Cameron says Johns Hopkins’ overall one-year post-liver transplant survival rate is 93%, adding that patients with alcoholic hepatitis generally fare at least as well as other liver transplant patients.


Severe Alcoholic Hepatitis and Early Liver Transplant | FAQ with Dr. Andrew Cameron

Transplant surgeon Andrew Cameron answers frequently asked questions about treatment options for severe alcoholic hepatitis, including the possibility of liver transplant.

“Only a few days of life left”

Transplant centers around the world employ a scoring system to determine the extent of liver disease, no matter the source. The Model for End-stage Liver Disease (MELD) scale ranges from 6 to 40. Cameron says his patients with alcoholic hepatitis average a MELD score of 36.

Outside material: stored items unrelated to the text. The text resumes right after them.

-- ===== src/Tests/Messages.antt =====
-- A message, a listing, and going offline.
use model_lib.Base.{◌≡◌, refl, [], ◌∷◌, ◌++◌, arith, pos, ℤ}
use model_lib.CString.{text}
use model_lib.Packet.{SendPack, zero_pack, Node, zero_node}
use model_lib.Server.{Server, ok}
use model_lib.Sqlite.Import.{inport_row-user_row}
use model_lib.Sqlite.Insert.{entry_stmt}
use model_lib.Handle.Send.{handle_send, find_online}
use model_lib.Handle.Send.Single.{id_query, delivered, handle_send_single}
use model_lib.Handle.Account.ByName.{all_query}
use model_lib.Handle.Send.Everyone.{entries, copies, handle_send-everyone}
use model_lib.Handle.Send.Group.{reached, member_entries, Ready, closing}
use model_lib.Handle.Send.Group.Sent.{members_query, group_entered, handle_send-group}
use model_lib.Handle.Show.{handle_show, table_header}
use model_lib.Handle.Show.Listing.{line_pack, lines, handle_show-lines}
use model_lib.Handle.Offline.{handle_offline}
use model_lib.Handle.Offline.Effect.{handle_offline_removes}
use model_lib.Tests.{
  alice, secret, question, reply, alice-IsString, secret-IsString, alice_row, alice_node,
  alice-Fits, found, answering, idle, connection,
}

abbrev alice_online : Node
alice_online = record zero_node { fd = pos 7; name = alice; id1 = pos 1 }

abbrev bob_online : Node
bob_online = record zero_node { fd = pos 8; name = secret; id1 = pos 2 }

abbrev two_online : Server
two_online = record idle { online_user = bob_online ∷ alice_online ∷ [] }

-- A message from user 2 to user 1.
abbrev to_alice : SendPack
to_alice = record zero_pack {
  result = pos 1;
  sourse_name = secret;
  send_msg0 = secret;
  send_id1 = pos 2;
  send_id2 = pos 1;
}

handle_send_single_example :
    handle_send (answering (alice_row ∷ [])) connection to_alice two_online
    ≡ ok tt (record two_online {
      flag = pos 1;
      temp_name = alice;
      db = id_query (pos 1) ∷ entry_stmt alice (text "unchecked") (pos 2) secret ∷ [];
      sent = delivered to_alice (find_online (pos 1) two_online.online_user);
    })
handle_send_single_example =
    handle_send_single (answering (alice_row ∷ [])) connection to_alice two_online
      (found (alice_row ∷ [])) refl secret-IsString secret-IsString (omega arith) (omega arith) refl
      (omega arith) (omega arith) alice-IsString (λ fd. refl)

abbrev list_online : SendPack
list_online = record zero_pack { result = pos 2 }

handle_show-lines_example :
    handle_show (answering []) connection list_online two_online
    ≡ ok tt (record two_online {
      sent = (connection, line_pack table_header) ∷ lines connection two_online.online_user;
    })
handle_show-lines_example =
    handle_show-lines (answering []) connection list_online two_online refl
      (secret-IsString, omega arith, omega arith, (alice-IsString, omega arith, omega arith, tt))
      refl

abbrev goodbye : ℤ → SendPack
goodbye id = record zero_pack { send_id1 = id }

handle_offline_removes_example :
    handle_offline connection (goodbye (pos 1)) two_online
    ≡ ok tt (record two_online { online_user = bob_online ∷ [] })
handle_offline_removes_example =
    handle_offline_removes connection (goodbye (pos 1)) two_online (bob_online ∷ []) alice_online []
      (omega arith) refl ((ground arith), tt) refl

-- A message from user 2 to everyone.
abbrev to_everyone : SendPack
to_everyone = record to_alice { result = pos 4 }

handle_send-everyone_example :
    handle_send (answering (alice_row ∷ [])) connection to_everyone two_online
    ≡ ok tt (record two_online {
      flag = pos 1;
      cb_list = alice_node ∷ [];
      db = all_query ∷ entries to_everyone (alice_node ∷ []);
      sent = copies to_everyone two_online.online_user;
    })
handle_send-everyone_example =
    handle_send-everyone (answering (alice_row ∷ [])) connection to_everyone two_online
      (found (alice_row ∷ [])) (alice_node ∷ []) refl secret-IsString secret-IsString (omega arith)
      refl (inport_row-user_row alice secret question reply (pos 1) alice-Fits, tt) (omega arith)
      (alice-IsString, tt) (λ fd. refl)

-- A message from user 2 to a group of which Alice is the only member.
abbrev to_group : SendPack
to_group = record to_alice { result = pos 2; send_msg0 = alice }

handle_send-group_example :
    (last : SendPack) × Ready to_group last
    × (handle_send (answering (alice_row ∷ [])) connection to_group two_online
        ≡ ok tt (record two_online {
          flag = pos 1;
          cb_list = alice_node ∷ [];
          db =
              (group_entered two_online to_group).db
              ++ members_query secret ∷ []
              ++ member_entries to_group (alice_node ∷ []);
          sent =
              reached to_group two_online.online_user (alice_node ∷ [])
              ++ (connection, closing to_group last) ∷ [];
        }))
handle_send-group_example =
    handle_send-group (answering (alice_row ∷ [])) connection to_group two_online
      (found (alice_row ∷ [])) (found (alice_row ∷ [])) 0 (alice_node ∷ []) refl
      (record { name_str = secret-IsString; text_str = alice-IsString; both = omega arith })
      (omega arith) (omega arith) refl refl (omega arith) refl
      (inport_row-user_row alice secret question reply (pos 1) alice-Fits, tt) (omega arith)
      (alice-IsString, tt) (λ fd. refl)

“That usually means they have only a few days of life left,” he explains. “Without a transplant, they’ll die very soon.”

Patient referrals to Johns Hopkins from other hospitals and transplant centers that abide by the six-month guideline are common, says Cameron. “We get patients from up and down the East Coast, although Maryland, Virginia, Pennsylvania and Washington, D.C., are the most common places. Often, the patients are too sick to travel very long distances.”

While the six-month guideline isn’t a requirement to get a liver transplant at Johns Hopkins, patients need to possess insight into their alcoholism to qualify for transplantation.

“This surgery is for people for whom there is evidence of an ability to turn their life around,” Cameron says. “Before we agree to the transplant, we look at the patient’s family or other support systems and the patient’s commitment to change.”

Cameron and his team will use part of the NIH’s $8.4 million grant to explore solutions to help transplant patients avoid a recurrence of the condition.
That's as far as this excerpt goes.